ABPI Medical Representatives Examination

  • Received
    16 October 2019
  • Case number
    AUTH/3265/10/19
  • Applicable Code year
    2019
  • Completed
    13 February 2020
  • No breach Clause(s)
  • Breach Clause(s)
  • Sanctions applied
    Undertaking received
  • Additional sanctions
  • Appeal
    No appeal
  • Review
    To be published in the Review

Case Summary

A named, contactable complainant stated that Bracco had employed representatives, without ABPI qualifications, to sell medicines. The representatives had been with Bracco for at least 3 years. The complainant alleged that Bracco had ignored the Code requirements in this regard. The complainant alleged that a named representative had not sat the ABPI examination within his/her first two years of being a representative.

The complainant provided a screenshot of an advertisement for CTExprès syringe-less CT injector which referred to Iomeron (iomeprol) on the display screen of the device and did not include prescribing information.

Finally, the complainant alleged that a named member of staff did not appear to understand the Code.

The detailed response from Bracco is given below.

The Panel noted that the representative worked as a representative prior to joining Bracco in a role where he/she would ultimately be promoting medicines as a well as medical devices. It was concerning that Bracco had not checked the position when employing the representative.

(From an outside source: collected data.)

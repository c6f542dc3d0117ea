-- ===== src/Controller/Connector/Connect.antt =====
-- The clients that `Connect` asks for, and what a failing `Connect` leaves.
use mathlib.Core.Path.{subst}
use provider_strapi.Prelude.{
  ℕ, List, [], ◌∷◌, Option, none, some, ◌≢◌, ◌≡◌, refl, sym, ap, ◌∙◌, ◌↔◌, ◌⊎◌, inl, inr,
  Bool-cases,
}
use provider_strapi.Text.{Text, codes, text_eq}
use provider_strapi.Text.Equality.{text_eq_iff}
use provider_strapi.Exec.{Context, Error, ok, err, wrap_result, Result-cases}
use provider_strapi.Api.{Runtime, RolePermissions, ProviderConfigReference}
use provider_strapi.Client.{Config, Credentials, Json, parse_credentials}
use provider_strapi.Client.Parsing.{ParsesTo, parse_credentials-ok_iff}
use provider_strapi.Cache.{Cache, Pointer}
use provider_strapi.Cache
use provider_strapi.Cache.Shared.{get-err_iff}
use provider_strapi.Controller.Connector.{
  Kubernetes, ProviderConfigSpec, or_default, override, provider_config_ref, Connecting, Connector,
  find_config, track_usage, new_client, connect, setup_connector,
}

-- a text, or a default where the text is empty
abbrev pub OrDefault : Text → Text → Text → Type 0
OrDefault s default t = ((s ≡ []) × (t ≡ default)) ⊎ ((s ≢ []) × (t ≡ s))

-- the name and the kind of the provider config that a reference stands for
pub data Named : Option ProviderConfigReference → Text → Text → Type 0 where
  no_reference : Named none (codes "default") (codes "ClusterProviderConfig")
  reference :
      (ref : ProviderConfigReference) (name kind : Text)
      → OrDefault ref.name (codes "default") name
      → OrDefault ref.kind (codes "ClusterProviderConfig") kind
      → Named (some ref) name kind

or_default-OrDefault : (s default : Text) → OrDefault s default (or_default s default)
unfolding or_default
or_default-OrDefault [] default = inl (refl, refl)
or_default-OrDefault (c ∷ s) default = inr (λ e. absurd (cc), refl)

or_default_unique : (s default t : Text) → OrDefault s default t → or_default s default ≡ t
unfolding or_default
or_default_unique [] default t (inl (e, q)) = sym q
or_default_unique [] default t (inr (n, q)) = absurd (n refl)
or_default_unique (c ∷ s) default t (inl (e, q)) = absurd (cc)
or_default_unique (c ∷ s) default t (inr (n, q)) = sym q

override-Named : (o : Option ProviderConfigReference) → Named o (override o).0 (override o).1
unfolding override
override-Named none = no_reference
override-Named (some ref) =
    reference ref _ _ (or_default-OrDefault ref.name (codes "default"))
      (or_default-OrDefault ref.kind (codes "ClusterProviderConfig"))

override_unique :
    (o : Option ProviderConfigReference) (name kind : Text)
    → Named o name kind
    → override o ≡ (name, kind)
unfolding override
override_unique _ _ _ no_reference = refl
override_unique _ _ _ (reference ref name kind n q) =
    let same_name = or_default_unique ref.name (codes "default") name n in
    let same_kind = or_default_unique ref.kind (codes "ClusterProviderConfig") kind q in
    λ i. (same_name i, same_kind i)

module _ (rt : Runtime) {K : Type 0} (kube : Kubernetes rt K) (cr : RolePermissions rt)
    (k : K) where
  -- the spec of the config that the resource refers to: one of its own namespace, or of the cluster
  pub data Refers : Text × Text → ProviderConfigSpec kube.Selectors → Type 0 where
    namespaced :
        (name : Text) (spec : ProviderConfigSpec kube.Selectors)
        → kube.get_provider_config (rt.get_namespace cr.object) name k ≡ ok spec
        → Refers (name, codes "ProviderConfig") spec
    cluster_wide :
        (name : Text) (spec : ProviderConfigSpec kube.Selectors)
        → kube.get_cluster_provider_config name k ≡ ok spec
        → Refers (name, codes "ClusterProviderConfig") spec

module _ (rt : Runtime) (json : Json) {K C P : Type 0} (c : Connector rt K C P) where
  -- the configuration that `Connect` asks a client for
  pub data Asks (cr : RolePermissions rt) (s : Connecting K C)
      : Config → Connecting K C → Type 0 where
    asked :
        (k : K) (name kind : Text) (spec : ProviderConfigSpec c.kube.Selectors) (bytes : Text)
        (creds : Credentials)
        → c.kube.track cr s.cluster ≡ (ok tt, k)
        → Named (rt.get_provider_config_reference cr.object) name kind
        → Refers rt c.kube cr k (name, kind) spec
        → c.kube.credential_extractor spec.credentials k ≡ ok bytes
        → ParsesTo json bytes creds
        → Asks cr s
            (record {
              endpoint = spec.endpoint;
              credentials = creds;
              insecure_skip_tls_verify = spec.insecure_skip_tls_verify;
            })
            (record { cluster = k; clients = s.clients })

  pub Asks-clients :
      (cr : RolePermissions rt) (s : Connecting K C) (cfg : Config) (t : Connecting K C)
      → Asks cr s cfg t
      → t.clients ≡ s.clients
  Asks-clients cr s _ _ (asked k name kind spec bytes creds e m r x z) = refl

  find_config-ok :
      (cr : RolePermissions rt) (k : K) (name kind : Text)
      (spec : ProviderConfigSpec c.kube.Selectors)
      → find_config rt json c kind name (rt.get_namespace cr.object) k ≡ ok spec
      → Refers rt c.kube cr k (name, kind) spec
  unfolding find_config
  find_config-ok cr k name kind spec h = elim (Bool-cases (text_eq kind (codes "ProviderConfig"))) [
    | inl e ↦
        let same = (text_eq_iff kind (codes "ProviderConfig")).0 e in
        elim (Result-cases (c.kube.get_provider_config (rt.get_namespace cr.object) name k)) [
          | inl (spec', q) ↦
              let h' = rw (e, q) at h in
              let same_spec : spec' ≡ spec = cc in
              subst (λ (x : Text). Refers rt c.kube cr k (name, x) spec) (sym same)
                (namespaced name spec (q ∙ ap ok same_spec))
          | inr (x, q) ↦ let h' = rw (e, q) at h in absurd (cc)
        ]
    | inr e ↦ elim (Bool-cases (text_eq kind (codes "ClusterProviderConfig"))) [
      | inl e' ↦
          let same = (text_eq_iff kind (codes "ClusterProviderConfig")).0 e' in
          elim (Result-cases (c.kube.get_cluster_provider_config name k)) [
            | inl (spec', q) ↦
                let h' = rw (e, e', q) at h in
                let same_spec : spec' ≡ spec = cc in
                subst (λ (x : Text). Refers rt c.kube cr k (name, x) spec) (sym same)
                  (cluster_wide name spec (q ∙ ap ok same_spec))
            | inr (x, q) ↦ let h' = rw (e, e', q) at h in absurd (cc)
          ]
      | inr e' ↦ let h' = rw (e, e') at h in absurd (cc)
    ]
  ]

  Refers-find_config :
      (cr : RolePermissions rt) (k : K) (ref : Text × Text)
      (spec : ProviderConfigSpec c.kube.Selectors)
      → Refers rt c.kube cr k ref spec
      → find_config rt json c (ref.1) (ref.0) (rt.get_namespace cr.object) k ≡ ok spec
  unfolding find_config text_eq
  Refers-find_config cr k _ _ (namespaced name spec e) = rw e refl
  Refers-find_config cr k _ _ (cluster_wide name spec e) = rw e refl

  provider_config_ref_unique :
      (cr : RolePermissions rt) (name kind : Text)
      → Named (rt.get_provider_config_reference cr.object) name kind
      → provider_config_ref rt cr ≡ (name, kind)
  unfolding provider_config_ref
  provider_config_ref_unique cr name kind m =
      override_unique (rt.get_provider_config_reference cr.object) name kind m

  Asks-connect :
      (cr : RolePermissions rt) (s t : Connecting K C) (cfg : Config)
      → Asks cr s cfg t
      → connect rt json c cr s ≡ new_client rt json c cfg t
  unfolding connect
  Asks-connect cr s _ _ (asked k name kind spec bytes creds e m r x p) =
      rw
        (
          e,
          provider_config_ref_unique cr name kind m,
          Refers-find_config cr k _ spec r,
          x,
          (parse_credentials-ok_iff json bytes creds).1 p,
        )
        refl

  -- `Connect` reaches `newClientFn`, or fails before it
  abbrev Reaches : RolePermissions rt → Connecting K C → Type 0
  Reaches cr s =
      ((cfg : Config) × (t : Connecting K C) × Asks cr s cfg t)
      ⊎ ((e : Error) × (k : K) × (connect rt json c cr s
            ≡ (err e, record { cluster = k; clients = s.clients })))

  connect-Reaches : (cr : RolePermissions rt) (s : Connecting K C) → Reaches cr s
  unfolding connect track_usage provider_config_ref
  connect-Reaches cr s = elim (Result-cases ((c.kube.track cr s.cluster).0)) [
    | inr (x, q) ↦ inr (Error.wrap Context.track_usage x, k, rw q refl)
    | inl (u, q) ↦
        elim (Result-cases (find_config rt json c kind name (rt.get_namespace cr.object) k)) [
          | inr (x, r) ↦ inr (x, k, rw (q, r) refl)
          | inl (spec, r) ↦ elim (Result-cases (c.kube.credential_extractor spec.credentials k)) [
            | inr (x, y) ↦ inr (Error.wrap Context.get_creds x, k, rw (q, r, y) refl)
            | inl (bytes, y) ↦ elim (Result-cases (parse_credentials json bytes)) [
              | inr (x, z) ↦ inr (Error.wrap Context.parse_creds x, k, rw (q, r, y, z) refl)
              | inl (creds, z) ↦ inl (
                _,
                _,
                asked k name kind spec bytes creds (λ i. (q i, k))
                    (override-Named (rt.get_provider_config_reference cr.object))
                    (find_config-ok cr k name kind spec r) y
                    ((parse_credentials-ok_iff json bytes creds).0 z),
              )
            ]
          ]
        ]
  ]
    where
      k : K
      k = (c.kube.track cr s.cluster).1

      name : Text
      name = (provider_config_ref rt cr).0

      kind : Text
      kind = (provider_config_ref rt cr).1

  new_client-ok_iff :
      (cfg : Config) (t s' : Connecting K C) (p : P)
      → (new_client rt json c cfg t ≡ (ok p, s'))
        ↔ ((c.new_client_fn cfg t.clients ≡ (ok p, s'.clients)) × (s'.cluster ≡ t.cluster))
  unfolding new_client
  new_client-ok_iff cfg t s' p = (returned, λ (e, k). returns e k)
    where
      returned :
          new_client rt json c cfg t ≡ (ok p, s')
          → (c.new_client_fn cfg t.clients ≡ (ok p, s'.clients)) × (s'.cluster ≡ t.cluster)
      returned h =
          let clients : (c.new_client_fn cfg t.clients).1 ≡ s'.clients = ap (λ x. x.1.clients) h in
          elim (Result-cases ((c.new_client_fn cfg t.clients).0)) [
            | inl (p', q) ↦
                let first : wrap_result Context.new_client ((c.new_client_fn cfg t.clients).0)
                    ≡ ok p =
                  ap (λ x. x.0) h in
                let first' = rw q at first in
                let same : ok p' ≡ ok p = cc in
                ((λ i. ((q ∙ same) i, clients i)), sym (ap (λ x. x.1.cluster) h))
            | inr (x, q) ↦
                let first : wrap_result Context.new_client ((c.new_client_fn cfg t.clients).0)
                    ≡ ok p =
                  ap (λ x. x.0) h in
                let first' = rw q at first in absurd (cc)
          ]

      returns :
          c.new_client_fn cfg t.clients ≡ (ok p, s'.clients)
          → s'.cluster ≡ t.cluster
          → new_client rt json c cfg t ≡ (ok p, s')
      returns e k = rw e (λ i. (ok p, record { cluster = sym k i; clients = s'.clients }))

  -- `Connect` succeeds with a client exactly if the usage was tracked, the provider config that the
  -- resource refers to was found, in the resource's namespace or cluster-wide, its credentials were
  -- extracted and are JSON with an email and a password that are not empty, and `newClientFn` returned that client for the endpoint and the flag of the
  -- config's spec with these credentials. The name and the kind of the config are those of the resource's
  -- reference; "default" stands for a name, and "ClusterProviderConfig" for a kind, that is not given.
  pub connect-ok_iff :
      (cr : RolePermissions rt) (s s' : Connecting K C) (p : P)
      → (connect rt json c cr s ≡ (ok p, s')) ↔ (
          (cfg : Config) × (t : Connecting K C) × Asks cr s cfg t
          × (c.new_client_fn cfg t.clients ≡ (ok p, s'.clients))
          × (s'.cluster ≡ t.cluster))
  connect-ok_iff cr s s' p = (asks, answers)
    where
      asks :
          connect rt json c cr s ≡ (ok p, s')
          → (cfg : Config) × (t : Connecting K C) × Asks cr s cfg t
            × (c.new_client_fn cfg t.clients ≡ (ok p, s'.clients))
            × (s'.cluster ≡ t.cluster)
      asks h = elim (connect-Reaches cr s) [
        | inr (e, k, q) ↦ absurd (cc)
        | inl (cfg, t, a) ↦
            let (e, k) = (new_client-ok_iff cfg t s' p).0 (sym (Asks-connect cr s t cfg a) ∙ h) in
            (cfg, t, a, e, k)
      ]

      answers :
          (cfg : Config) × (t : Connecting K C) × Asks cr s cfg t
            × (c.new_client_fn cfg t.clients ≡ (ok p, s'.clients))
            × (s'.cluster ≡ t.cluster)
          → connect rt json c cr s ≡ (ok p, s')
      answers (cfg, t, a, e, k) =
          Asks-connect cr s t cfg a ∙ (new_client-ok_iff cfg t s' p).1 (e, k)

module _ (rt : Runtime) (json : Json) {K : Type 0} (kube : Kubernetes rt K)
    (sha256 : Text → List ℕ) where
  -- A `Connect` that fails, with the connector of `Setup`, leaves the cache of clients as it was.
  pub connect-err_clients :
      (cr : RolePermissions rt) (s s' : Connecting K Cache) (x : Error)
      → connect rt json (setup_connector rt sha256 kube) cr s ≡ (err x, s')
      → s'.clients ≡ s.clients
  unfolding setup_connector new_client
  connect-err_clients cr s s' x h = elim (connect-Reaches rt json c cr s) [
    | inr (e, k, q) ↦ ap (λ y. y.1.clients) (sym h ∙ q)
    | inl (cfg, t, a) ↦
        let h' = sym (Asks-connect rt json c cr s t cfg a) ∙ h in
        let stored : (Cache.get sha256 cfg t.clients).1 ≡ s'.clients = ap (λ y. y.1.clients) h' in
        let kept : t.clients ≡ s.clients = Asks-clients rt json c cr s cfg t a in
        elim (Result-cases ((Cache.get sha256 cfg t.clients).0)) [
          | inl (p, q) ↦
              let first : wrap_result Context.new_client ((Cache.get sha256 cfg t.clients).0)
                  ≡ err x =
                ap (λ y. y.0) h' in
              let first' = rw q at first in absurd (cc)
          | inr (y, q) ↦
              let (_, _, same) =
                (get-err_iff sha256 cfg t.clients ((Cache.get sha256 cfg t.clients).1) y).0
                  (λ i. (q i, (Cache.get sha256 cfg t.clients).1)) in
              sym stored ∙ sym same ∙ kept
        ]
  ]
    where
      c : Connector rt K Cache Pointer
      c = setup_connector rt sha256 kube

The Panel noted Bracco’s submission that the representative had not told the company that he/she did not have the examination.

The Panel noted Bracco’s submission regarding the dates the representative had sat the examination. As the full examination had not been taken within a year the Panel ruled a breach of the Code.

The advertisement provided by Bracco was A3 in size and focussed on CTExprès, a syringe-less CT injector. The advertisement claimed ‘user friendly’, ‘faster patient throughput’, ‘Optimizes patient-tailored dosing to reduce waste’ as well as reductions in consumable costs, contrast media usage and clinical waste costs. The illustration included 2 reservoirs labelled ‘contrast media’. The display indicated that these were Iomeron 482mL.

The Panel considered that the inclusion of a product name on the display meant that the prescribing information was required and the failure to do so was ruled in breach of the Code.

With regard to the allegation that a named employee did not appear to understand the Code, the Panel noted that the Constitution and Procedure for the PMCPA stated the complainant had the burden of proving his/her complaint on the balance of probabilities. All complaints were judged on the evidence provided by the parties. The complainant had provided no evidence to support his/her allegations. The Panel therefore ruled no breach of the Code.

The Panel considered that when taking the rulings together, Bracco had failed to maintain high standards and thus a breach of the Code was ruled.